The days preceding the vote were a corporatist frenzy with corporatist predators bellowing ‘the sky is falling.’ VW, which sensibly stayed neutral, but privately supported the UAW’s efforts and its collateral “works councils” (an arrangement that had stabilized and made their unionized, higher-paid workers in Germany more productive), must have wondered on what planet they had landed.

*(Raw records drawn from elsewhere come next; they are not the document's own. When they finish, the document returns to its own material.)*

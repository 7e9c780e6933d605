-- ===== src/Tg.antt =====
-- include/tgService.hpp and src/tgService.cpp.
pub mod Sending
pub mod Polling
use mqtt_sentry.Base.{
  ℕ, String, Bool, true, false, not, List, [], ◌∷◌, ◌++◌, ◌==◌, string_eq, if◌then◌else◌, ◌<>◌,
  vs16,
}
use mqtt_sentry.Types.{
  AlertEvents, AlertState, fine, online, offline, error, pump_on, pump_off, eco_malfunction,
}
use mqtt_sentry.Settings.{ConfigManager}

-- `sent` is what the Telegram API has accepted: the chat and the text.
pub record TgService : Type 0 where
  pub exit : Bool
  pub is_connection : Bool
  pub sent : List (ℕ × String)

-- The constructor, over the value that it leaves in `_exit`.
unfoldable pub create : Bool → TgService
create exit = record { exit = exit; is_connection = true; sent = [] }

-- The API of tgbot-cpp: `accepts chat text` if sendMessage and editMessageText return, and not if
-- they throw, and `answers query` if the answer to a query with this id does.
pub record Api : Type 0 where
  pub accepts : ℕ → String → Bool
  pub answers : String → Bool

module _ ⦃api : Api⦄ where
  -- The loop over the users, inside `try`: the first exception ends it.
  unfoldable pub send_each : String → List ℕ → List (ℕ × String)
  send_each text [] = []
  send_each text (user ∷ rest) =
      if api.accepts user text then (user, text) ∷ send_each text rest else []

  unfoldable pub send : ConfigManager → String → TgService → TgService
  send cm message tg = record tg { sent = tg.sent ++ send_each message cm.tg.users }

abbrev pub sign : AlertState → String
sign fine = "✅ "
sign online = "📶 "
sign offline = "🚫 "
sign eco_malfunction = "🚨 "
sign error = "🚨 "
sign pump_on = "🟢 "
sign pump_off = "🔴 "

unfoldable pub alert_text : AlertEvents → String
alert_text alert =
    alert.machine_id
    <> " :\n"
    <> sign alert.state
    <> alert.message
    <> "\n"
    <> (if not (alert.timestamp == "NOW") then "🗓" <> vs16 <> " " <> alert.timestamp else "")

module _ ⦃api : Api⦄ where
  unfoldable pub send_alert : ConfigManager → AlertEvents → TgService → TgService
  unfolding alert_text
  send_alert cm alert tg = record tg { sent = tg.sent ++ send_each (alert_text alert) cm.tg.users }

unfoldable pub stop : TgService → TgService
stop tg = record tg { exit = true }

-- How one call of longPoll.start() ends.
pub data Poll : Type 0 where
  returned dns_error system_error api_error : Poll

-- One round of the loop; the waits are left out.
unfoldable pub poll_round : Poll → TgService → TgService
poll_round returned tg = record tg { is_connection = true }
poll_round dns_error tg = record tg { is_connection = false }
poll_round system_error tg = tg
poll_round api_error tg = tg

-- The loop, over how its coming rounds end and whether another thread calls stop() in the round.
unfoldable pub poll_loop : List (Poll × Bool) → TgService → TgService
unfolding stop
poll_loop [] tg = tg
poll_loop ((poll, stopped) ∷ rest) tg =
    let after = poll_round poll tg in
    let next = poll_loop rest (if stopped then stop after else after) in
    if tg.exit then tg else next

unfoldable pub run_long_poll : List (Poll × Bool) → TgService → TgService
run_long_poll rounds tg = poll_loop rounds (record tg { exit = false })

First out of the growling caves were the supine politicians, who always offer those proposing a factory big taxpayer subsidized bucks to bring crony capitalism to their region. Senator Bob Corker (R-TN) who, without citing his source, warned “I’ve had conversations today and based on those am assured that, should the workers vote against the UAW, Volkswagen will announce in the coming weeks that it will manufacture its new mid-size SUV here in Chattanooga.” VW immediately denied that cause and effect claim.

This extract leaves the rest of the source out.